### Work instruction:
After going through the data below, state how many lines contain "closed", and nothing else.

### Extracted data entries:

——————

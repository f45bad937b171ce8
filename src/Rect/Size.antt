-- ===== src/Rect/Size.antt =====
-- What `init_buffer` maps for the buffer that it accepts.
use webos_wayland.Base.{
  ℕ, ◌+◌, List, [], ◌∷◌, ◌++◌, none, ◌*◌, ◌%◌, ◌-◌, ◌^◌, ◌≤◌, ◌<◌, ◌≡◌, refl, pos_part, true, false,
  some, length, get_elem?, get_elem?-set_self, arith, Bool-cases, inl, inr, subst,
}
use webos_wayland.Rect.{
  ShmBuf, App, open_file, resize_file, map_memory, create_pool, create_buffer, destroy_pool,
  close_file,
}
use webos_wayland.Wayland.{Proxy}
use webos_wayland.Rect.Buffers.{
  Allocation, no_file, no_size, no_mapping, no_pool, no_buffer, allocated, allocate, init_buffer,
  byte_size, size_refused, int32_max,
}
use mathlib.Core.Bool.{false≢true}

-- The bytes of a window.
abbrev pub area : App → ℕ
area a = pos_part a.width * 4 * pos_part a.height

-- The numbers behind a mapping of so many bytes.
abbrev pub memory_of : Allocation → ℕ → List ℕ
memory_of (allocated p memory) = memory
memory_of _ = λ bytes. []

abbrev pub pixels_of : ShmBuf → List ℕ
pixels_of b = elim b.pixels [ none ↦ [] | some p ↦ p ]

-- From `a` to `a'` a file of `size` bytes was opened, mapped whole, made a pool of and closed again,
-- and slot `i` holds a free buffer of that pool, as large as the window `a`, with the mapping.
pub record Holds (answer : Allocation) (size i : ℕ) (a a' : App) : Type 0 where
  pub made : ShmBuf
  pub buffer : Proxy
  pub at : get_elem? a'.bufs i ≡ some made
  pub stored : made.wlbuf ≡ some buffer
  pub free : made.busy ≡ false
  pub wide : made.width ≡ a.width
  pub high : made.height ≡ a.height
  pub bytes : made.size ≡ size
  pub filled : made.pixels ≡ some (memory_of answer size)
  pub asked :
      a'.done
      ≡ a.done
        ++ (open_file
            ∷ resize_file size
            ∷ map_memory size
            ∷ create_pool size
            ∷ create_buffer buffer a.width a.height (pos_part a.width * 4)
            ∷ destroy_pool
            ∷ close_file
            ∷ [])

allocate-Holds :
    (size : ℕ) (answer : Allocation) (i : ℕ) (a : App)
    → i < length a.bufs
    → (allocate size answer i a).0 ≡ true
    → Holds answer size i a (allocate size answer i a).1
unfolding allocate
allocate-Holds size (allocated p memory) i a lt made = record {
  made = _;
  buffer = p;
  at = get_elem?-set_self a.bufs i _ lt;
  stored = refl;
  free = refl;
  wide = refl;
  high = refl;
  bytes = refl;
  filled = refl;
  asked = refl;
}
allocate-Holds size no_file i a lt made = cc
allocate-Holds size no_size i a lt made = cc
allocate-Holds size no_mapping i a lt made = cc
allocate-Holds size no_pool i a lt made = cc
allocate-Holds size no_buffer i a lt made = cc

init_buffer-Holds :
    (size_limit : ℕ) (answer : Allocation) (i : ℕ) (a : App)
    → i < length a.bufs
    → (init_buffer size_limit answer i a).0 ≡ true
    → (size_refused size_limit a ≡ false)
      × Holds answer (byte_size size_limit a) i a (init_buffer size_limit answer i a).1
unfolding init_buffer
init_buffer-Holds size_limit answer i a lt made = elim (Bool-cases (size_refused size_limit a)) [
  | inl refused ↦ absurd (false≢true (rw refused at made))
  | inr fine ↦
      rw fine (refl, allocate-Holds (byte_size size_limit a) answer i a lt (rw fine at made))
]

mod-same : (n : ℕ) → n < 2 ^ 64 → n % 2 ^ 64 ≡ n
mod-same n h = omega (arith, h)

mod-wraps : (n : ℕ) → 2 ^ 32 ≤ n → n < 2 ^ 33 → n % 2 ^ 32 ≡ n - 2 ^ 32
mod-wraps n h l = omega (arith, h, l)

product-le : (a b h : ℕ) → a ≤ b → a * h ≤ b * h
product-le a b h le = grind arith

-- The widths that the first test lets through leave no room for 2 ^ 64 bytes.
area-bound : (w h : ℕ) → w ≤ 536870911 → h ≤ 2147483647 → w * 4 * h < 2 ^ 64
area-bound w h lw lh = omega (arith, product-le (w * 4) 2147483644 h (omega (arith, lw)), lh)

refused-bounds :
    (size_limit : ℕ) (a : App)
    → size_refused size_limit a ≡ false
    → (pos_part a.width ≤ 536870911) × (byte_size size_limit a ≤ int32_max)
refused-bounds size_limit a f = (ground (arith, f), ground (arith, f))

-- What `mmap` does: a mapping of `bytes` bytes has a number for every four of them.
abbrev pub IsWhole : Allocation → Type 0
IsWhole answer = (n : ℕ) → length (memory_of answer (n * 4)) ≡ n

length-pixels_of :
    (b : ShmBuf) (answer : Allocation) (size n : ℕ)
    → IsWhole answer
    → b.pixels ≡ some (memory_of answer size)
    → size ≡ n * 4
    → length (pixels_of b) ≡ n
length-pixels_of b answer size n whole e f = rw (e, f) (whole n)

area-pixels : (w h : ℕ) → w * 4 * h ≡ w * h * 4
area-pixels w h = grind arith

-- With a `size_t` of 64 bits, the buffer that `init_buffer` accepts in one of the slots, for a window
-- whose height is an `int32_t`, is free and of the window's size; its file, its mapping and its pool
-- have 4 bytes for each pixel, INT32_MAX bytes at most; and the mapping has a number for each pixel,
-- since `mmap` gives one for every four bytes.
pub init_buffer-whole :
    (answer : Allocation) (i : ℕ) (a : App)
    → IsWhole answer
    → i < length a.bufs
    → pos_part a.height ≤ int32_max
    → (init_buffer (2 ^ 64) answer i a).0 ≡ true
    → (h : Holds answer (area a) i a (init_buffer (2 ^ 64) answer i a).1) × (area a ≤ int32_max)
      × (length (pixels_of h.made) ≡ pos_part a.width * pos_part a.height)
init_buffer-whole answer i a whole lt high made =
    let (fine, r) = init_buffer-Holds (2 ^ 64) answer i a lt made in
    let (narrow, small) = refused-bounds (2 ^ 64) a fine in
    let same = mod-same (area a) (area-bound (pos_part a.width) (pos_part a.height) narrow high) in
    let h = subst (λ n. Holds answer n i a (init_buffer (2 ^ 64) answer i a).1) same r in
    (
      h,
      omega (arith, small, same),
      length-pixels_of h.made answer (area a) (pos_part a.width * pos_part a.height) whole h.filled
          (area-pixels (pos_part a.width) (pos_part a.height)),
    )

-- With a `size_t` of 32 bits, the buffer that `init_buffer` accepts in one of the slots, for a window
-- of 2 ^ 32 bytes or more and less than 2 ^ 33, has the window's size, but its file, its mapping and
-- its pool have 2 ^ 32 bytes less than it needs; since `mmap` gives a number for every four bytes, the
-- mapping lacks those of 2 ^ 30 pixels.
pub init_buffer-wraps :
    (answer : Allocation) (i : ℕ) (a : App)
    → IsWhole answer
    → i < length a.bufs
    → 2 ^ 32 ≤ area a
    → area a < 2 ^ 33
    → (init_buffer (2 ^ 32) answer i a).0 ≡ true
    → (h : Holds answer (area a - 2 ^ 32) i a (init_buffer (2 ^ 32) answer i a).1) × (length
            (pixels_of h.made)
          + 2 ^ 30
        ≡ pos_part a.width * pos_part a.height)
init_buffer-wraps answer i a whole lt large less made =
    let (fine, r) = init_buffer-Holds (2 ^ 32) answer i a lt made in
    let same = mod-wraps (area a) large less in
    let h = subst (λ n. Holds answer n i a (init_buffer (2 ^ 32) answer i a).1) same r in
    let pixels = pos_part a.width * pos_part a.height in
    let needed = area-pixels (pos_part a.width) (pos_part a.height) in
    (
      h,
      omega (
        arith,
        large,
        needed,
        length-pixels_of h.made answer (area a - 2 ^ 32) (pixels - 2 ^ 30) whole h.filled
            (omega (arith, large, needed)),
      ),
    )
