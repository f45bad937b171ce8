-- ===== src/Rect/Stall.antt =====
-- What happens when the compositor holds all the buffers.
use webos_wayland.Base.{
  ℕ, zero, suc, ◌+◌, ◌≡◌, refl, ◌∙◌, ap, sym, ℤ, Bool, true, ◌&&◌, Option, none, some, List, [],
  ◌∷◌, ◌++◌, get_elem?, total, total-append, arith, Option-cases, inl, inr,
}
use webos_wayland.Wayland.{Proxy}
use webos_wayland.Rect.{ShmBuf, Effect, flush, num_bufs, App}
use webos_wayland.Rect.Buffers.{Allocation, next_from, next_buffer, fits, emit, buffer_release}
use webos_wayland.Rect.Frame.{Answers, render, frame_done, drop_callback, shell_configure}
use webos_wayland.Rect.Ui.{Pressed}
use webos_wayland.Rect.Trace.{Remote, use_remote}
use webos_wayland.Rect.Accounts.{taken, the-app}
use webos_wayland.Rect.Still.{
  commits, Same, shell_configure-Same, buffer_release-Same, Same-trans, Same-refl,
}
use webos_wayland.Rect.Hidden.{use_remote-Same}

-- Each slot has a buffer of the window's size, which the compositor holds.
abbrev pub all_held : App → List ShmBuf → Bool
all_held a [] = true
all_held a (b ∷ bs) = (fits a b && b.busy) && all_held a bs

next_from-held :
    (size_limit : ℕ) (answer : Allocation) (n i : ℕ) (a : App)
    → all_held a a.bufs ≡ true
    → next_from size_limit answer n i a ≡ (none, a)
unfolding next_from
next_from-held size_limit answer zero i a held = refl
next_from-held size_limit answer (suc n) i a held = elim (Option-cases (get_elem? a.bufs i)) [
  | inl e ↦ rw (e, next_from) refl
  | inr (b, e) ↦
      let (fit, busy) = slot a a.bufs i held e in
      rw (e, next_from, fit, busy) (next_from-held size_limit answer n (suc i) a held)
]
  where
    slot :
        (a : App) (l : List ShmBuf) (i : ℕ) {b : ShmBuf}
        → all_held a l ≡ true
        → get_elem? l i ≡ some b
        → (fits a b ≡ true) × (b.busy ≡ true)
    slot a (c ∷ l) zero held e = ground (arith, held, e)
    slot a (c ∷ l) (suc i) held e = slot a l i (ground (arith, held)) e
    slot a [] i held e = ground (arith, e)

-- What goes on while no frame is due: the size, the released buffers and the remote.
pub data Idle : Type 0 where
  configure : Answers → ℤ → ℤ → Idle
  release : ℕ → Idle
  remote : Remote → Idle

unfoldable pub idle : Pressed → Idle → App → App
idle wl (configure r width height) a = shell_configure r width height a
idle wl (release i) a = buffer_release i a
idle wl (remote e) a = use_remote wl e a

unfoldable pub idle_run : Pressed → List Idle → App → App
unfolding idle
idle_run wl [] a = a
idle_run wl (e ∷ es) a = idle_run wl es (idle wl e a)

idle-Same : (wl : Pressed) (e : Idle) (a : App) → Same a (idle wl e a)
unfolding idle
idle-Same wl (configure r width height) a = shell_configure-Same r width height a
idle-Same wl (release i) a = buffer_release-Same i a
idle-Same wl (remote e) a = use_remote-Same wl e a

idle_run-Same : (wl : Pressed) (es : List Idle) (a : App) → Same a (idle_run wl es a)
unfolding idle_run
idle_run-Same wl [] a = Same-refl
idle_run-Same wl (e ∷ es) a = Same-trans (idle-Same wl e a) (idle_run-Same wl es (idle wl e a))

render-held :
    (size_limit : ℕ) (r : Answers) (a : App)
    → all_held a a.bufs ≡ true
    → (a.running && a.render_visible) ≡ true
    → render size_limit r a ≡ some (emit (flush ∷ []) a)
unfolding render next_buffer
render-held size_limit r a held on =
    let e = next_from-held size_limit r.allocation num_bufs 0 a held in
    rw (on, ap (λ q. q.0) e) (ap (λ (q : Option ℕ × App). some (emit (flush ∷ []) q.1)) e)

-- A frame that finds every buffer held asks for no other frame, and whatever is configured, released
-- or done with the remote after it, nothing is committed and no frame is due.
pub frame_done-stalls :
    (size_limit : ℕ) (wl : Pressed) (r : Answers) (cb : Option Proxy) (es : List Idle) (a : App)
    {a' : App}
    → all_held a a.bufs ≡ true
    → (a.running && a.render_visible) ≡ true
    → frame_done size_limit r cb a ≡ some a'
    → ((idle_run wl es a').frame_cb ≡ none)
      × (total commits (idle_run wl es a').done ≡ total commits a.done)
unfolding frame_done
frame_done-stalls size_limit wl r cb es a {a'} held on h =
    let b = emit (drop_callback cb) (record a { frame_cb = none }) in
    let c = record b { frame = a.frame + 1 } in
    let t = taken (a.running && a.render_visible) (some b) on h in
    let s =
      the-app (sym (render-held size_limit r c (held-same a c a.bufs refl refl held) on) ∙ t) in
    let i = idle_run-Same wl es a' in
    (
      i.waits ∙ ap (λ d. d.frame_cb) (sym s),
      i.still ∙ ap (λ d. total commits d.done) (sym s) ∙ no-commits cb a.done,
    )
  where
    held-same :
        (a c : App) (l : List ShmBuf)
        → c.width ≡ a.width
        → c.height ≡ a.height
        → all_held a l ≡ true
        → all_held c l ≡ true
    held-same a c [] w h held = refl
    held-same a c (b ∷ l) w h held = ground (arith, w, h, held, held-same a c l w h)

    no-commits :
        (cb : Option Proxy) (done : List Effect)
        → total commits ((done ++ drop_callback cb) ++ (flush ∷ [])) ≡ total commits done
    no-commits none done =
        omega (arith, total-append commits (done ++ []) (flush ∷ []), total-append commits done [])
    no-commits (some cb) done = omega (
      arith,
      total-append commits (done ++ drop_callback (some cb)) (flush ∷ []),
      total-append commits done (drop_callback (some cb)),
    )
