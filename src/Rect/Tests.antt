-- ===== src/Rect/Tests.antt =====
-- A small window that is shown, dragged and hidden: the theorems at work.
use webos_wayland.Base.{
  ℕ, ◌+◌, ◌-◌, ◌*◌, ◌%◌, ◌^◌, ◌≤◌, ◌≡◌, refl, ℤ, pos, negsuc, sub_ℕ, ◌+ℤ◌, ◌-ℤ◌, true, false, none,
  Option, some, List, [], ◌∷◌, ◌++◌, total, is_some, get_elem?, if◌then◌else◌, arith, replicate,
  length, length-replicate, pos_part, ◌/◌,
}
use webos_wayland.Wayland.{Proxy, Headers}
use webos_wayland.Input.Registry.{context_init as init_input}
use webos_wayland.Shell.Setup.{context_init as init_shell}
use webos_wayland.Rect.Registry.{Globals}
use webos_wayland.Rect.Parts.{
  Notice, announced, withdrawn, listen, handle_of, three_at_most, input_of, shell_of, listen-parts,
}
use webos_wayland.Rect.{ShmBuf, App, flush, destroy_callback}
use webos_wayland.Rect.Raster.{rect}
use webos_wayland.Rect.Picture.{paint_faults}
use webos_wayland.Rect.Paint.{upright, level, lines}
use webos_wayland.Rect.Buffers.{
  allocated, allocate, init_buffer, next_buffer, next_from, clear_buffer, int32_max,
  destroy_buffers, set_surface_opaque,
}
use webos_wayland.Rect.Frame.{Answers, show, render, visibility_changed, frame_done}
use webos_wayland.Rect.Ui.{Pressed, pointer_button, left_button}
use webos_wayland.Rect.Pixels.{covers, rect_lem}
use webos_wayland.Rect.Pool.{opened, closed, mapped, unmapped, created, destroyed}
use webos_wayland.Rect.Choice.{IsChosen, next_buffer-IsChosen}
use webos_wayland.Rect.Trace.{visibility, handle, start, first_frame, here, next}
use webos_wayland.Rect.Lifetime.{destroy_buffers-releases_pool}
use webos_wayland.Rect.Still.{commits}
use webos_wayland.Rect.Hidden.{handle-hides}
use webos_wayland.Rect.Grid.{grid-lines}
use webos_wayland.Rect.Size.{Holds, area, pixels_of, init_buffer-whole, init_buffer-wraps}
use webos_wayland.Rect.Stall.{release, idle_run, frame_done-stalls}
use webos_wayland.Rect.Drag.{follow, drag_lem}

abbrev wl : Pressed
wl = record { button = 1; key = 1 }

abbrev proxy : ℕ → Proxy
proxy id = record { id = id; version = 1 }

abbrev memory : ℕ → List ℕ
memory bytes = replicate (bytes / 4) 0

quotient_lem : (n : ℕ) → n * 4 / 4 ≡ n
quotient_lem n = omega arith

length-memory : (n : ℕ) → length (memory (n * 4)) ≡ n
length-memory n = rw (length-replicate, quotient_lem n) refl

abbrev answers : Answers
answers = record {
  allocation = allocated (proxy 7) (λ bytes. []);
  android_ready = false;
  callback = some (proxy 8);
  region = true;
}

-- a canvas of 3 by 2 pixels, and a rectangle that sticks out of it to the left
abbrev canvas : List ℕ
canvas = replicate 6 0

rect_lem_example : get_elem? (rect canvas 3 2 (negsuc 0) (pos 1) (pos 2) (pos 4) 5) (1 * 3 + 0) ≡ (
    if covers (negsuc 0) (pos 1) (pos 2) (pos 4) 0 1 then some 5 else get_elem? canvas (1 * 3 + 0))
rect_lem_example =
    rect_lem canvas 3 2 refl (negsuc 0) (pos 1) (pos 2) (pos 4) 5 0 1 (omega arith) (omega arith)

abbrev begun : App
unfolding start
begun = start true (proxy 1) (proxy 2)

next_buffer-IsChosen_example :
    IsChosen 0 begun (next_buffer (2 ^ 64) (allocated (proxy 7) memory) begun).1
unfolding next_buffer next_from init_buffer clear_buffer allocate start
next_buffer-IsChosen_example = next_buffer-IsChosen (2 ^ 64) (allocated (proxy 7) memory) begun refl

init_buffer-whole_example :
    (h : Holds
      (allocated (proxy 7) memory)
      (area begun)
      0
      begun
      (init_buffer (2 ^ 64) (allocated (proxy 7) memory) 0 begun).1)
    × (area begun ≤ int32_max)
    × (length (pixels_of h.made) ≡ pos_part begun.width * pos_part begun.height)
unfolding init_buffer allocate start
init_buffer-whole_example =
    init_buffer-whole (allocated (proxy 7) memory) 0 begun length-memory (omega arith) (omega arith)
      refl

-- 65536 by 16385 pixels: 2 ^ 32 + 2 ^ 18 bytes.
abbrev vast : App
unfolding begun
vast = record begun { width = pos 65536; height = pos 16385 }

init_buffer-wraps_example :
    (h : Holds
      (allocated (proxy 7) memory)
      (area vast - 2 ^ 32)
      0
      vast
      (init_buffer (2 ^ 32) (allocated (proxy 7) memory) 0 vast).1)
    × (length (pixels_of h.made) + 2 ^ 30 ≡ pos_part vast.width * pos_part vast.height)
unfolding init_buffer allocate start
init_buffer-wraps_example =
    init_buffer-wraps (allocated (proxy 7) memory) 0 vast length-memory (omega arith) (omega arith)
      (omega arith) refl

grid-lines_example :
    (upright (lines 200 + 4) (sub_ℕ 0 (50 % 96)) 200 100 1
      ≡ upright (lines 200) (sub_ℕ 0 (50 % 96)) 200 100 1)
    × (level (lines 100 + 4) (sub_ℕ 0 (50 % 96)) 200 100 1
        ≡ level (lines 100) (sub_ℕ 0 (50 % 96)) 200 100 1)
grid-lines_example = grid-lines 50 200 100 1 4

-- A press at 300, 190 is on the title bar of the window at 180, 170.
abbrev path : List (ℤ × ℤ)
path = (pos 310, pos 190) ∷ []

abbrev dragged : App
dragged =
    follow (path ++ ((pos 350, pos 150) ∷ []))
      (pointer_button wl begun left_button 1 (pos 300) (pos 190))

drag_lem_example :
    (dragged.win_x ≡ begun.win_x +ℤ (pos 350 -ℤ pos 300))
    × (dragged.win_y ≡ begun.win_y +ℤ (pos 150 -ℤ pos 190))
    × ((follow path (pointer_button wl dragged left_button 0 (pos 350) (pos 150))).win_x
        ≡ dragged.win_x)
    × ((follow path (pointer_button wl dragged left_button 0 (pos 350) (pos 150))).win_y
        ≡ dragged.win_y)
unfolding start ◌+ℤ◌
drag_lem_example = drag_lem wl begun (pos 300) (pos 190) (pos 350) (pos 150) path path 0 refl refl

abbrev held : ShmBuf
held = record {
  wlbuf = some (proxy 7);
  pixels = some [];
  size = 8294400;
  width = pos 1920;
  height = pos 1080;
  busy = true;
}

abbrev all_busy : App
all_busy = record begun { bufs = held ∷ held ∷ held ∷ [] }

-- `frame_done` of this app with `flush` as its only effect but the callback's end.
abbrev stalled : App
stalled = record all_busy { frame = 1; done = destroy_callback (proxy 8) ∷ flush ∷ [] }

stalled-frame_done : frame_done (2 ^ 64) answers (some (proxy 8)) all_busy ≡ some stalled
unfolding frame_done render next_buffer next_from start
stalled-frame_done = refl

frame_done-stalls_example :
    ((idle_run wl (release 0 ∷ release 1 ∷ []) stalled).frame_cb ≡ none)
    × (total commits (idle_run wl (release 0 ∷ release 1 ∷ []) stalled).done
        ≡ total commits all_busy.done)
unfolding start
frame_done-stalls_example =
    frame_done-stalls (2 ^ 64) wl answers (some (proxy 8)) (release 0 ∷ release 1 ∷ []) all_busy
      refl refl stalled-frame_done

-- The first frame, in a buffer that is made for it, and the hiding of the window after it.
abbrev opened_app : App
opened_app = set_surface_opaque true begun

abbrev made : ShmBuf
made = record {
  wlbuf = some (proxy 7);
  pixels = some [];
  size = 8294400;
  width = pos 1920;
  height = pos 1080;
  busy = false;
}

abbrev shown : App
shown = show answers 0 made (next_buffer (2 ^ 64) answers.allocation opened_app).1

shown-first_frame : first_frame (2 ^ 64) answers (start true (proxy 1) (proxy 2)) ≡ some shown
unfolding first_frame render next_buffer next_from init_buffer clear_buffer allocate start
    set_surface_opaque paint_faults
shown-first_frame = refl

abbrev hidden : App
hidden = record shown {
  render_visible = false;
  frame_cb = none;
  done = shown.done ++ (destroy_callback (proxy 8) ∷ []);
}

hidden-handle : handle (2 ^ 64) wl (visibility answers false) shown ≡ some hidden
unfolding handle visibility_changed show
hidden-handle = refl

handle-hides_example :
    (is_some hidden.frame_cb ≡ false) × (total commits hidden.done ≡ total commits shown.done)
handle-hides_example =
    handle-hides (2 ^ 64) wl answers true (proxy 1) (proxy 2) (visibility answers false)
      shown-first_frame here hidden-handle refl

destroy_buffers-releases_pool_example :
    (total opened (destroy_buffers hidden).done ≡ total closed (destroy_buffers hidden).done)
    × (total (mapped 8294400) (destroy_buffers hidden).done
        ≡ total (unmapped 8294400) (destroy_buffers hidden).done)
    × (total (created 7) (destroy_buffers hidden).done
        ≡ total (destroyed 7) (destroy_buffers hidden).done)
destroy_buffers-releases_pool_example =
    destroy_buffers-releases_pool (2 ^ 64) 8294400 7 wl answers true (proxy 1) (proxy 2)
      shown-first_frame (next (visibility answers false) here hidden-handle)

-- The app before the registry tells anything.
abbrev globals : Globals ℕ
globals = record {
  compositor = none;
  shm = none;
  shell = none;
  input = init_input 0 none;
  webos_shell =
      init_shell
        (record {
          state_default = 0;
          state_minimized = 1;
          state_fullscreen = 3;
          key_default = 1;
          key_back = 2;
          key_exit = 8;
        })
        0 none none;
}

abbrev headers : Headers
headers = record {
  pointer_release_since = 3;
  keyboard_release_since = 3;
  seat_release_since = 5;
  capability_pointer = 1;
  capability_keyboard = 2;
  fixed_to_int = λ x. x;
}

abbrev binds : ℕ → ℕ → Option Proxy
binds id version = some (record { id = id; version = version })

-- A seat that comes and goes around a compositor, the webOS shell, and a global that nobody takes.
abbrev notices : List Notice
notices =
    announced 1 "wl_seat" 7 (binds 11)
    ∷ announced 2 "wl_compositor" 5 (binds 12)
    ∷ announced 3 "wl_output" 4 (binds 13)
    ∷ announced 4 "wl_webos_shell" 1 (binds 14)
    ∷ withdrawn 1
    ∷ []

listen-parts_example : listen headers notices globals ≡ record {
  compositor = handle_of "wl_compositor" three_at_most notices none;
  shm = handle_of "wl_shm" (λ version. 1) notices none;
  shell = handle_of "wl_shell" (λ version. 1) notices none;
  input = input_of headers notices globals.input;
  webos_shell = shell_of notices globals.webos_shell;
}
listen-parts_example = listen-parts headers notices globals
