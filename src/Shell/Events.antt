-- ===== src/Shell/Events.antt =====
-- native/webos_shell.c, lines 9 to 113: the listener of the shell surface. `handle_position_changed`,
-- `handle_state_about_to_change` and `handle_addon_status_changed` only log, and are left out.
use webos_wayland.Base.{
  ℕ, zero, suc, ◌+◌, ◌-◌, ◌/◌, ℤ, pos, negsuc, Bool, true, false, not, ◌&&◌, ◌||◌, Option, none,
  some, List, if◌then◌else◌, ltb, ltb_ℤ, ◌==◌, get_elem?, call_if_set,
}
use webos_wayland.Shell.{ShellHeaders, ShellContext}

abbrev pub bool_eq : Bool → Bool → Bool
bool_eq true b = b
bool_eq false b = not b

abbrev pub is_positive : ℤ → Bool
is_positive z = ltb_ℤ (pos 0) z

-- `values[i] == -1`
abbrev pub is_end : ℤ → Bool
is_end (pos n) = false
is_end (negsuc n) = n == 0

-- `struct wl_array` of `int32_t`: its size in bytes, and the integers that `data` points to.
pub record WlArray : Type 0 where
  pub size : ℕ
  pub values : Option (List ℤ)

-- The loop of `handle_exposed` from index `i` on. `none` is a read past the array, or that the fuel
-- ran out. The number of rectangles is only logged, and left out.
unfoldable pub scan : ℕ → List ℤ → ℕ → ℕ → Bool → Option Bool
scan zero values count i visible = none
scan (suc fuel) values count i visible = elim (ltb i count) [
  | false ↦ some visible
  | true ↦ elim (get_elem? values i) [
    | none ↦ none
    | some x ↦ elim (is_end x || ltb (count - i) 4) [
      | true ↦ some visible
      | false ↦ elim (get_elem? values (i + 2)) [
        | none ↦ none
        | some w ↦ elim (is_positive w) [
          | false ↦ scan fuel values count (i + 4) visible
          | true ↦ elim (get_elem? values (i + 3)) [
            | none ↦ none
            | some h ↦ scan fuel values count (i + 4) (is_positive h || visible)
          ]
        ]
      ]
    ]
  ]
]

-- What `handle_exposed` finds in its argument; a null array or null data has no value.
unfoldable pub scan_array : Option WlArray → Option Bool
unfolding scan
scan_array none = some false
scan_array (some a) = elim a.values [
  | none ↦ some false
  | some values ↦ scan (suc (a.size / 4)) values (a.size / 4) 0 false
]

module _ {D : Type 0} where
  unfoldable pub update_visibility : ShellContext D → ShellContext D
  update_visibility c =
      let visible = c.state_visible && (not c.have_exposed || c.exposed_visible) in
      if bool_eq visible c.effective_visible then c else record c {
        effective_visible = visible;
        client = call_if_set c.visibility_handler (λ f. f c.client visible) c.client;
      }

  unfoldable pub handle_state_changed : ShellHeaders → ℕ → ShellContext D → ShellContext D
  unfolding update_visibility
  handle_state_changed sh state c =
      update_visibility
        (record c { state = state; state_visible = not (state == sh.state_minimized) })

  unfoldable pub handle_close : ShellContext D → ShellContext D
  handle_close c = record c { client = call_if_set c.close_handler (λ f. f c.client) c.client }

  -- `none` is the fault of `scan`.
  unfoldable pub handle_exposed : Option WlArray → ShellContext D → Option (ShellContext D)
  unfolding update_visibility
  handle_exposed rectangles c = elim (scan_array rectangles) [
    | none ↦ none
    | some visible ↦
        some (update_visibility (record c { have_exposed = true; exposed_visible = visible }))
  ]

——————

### Answer section:
3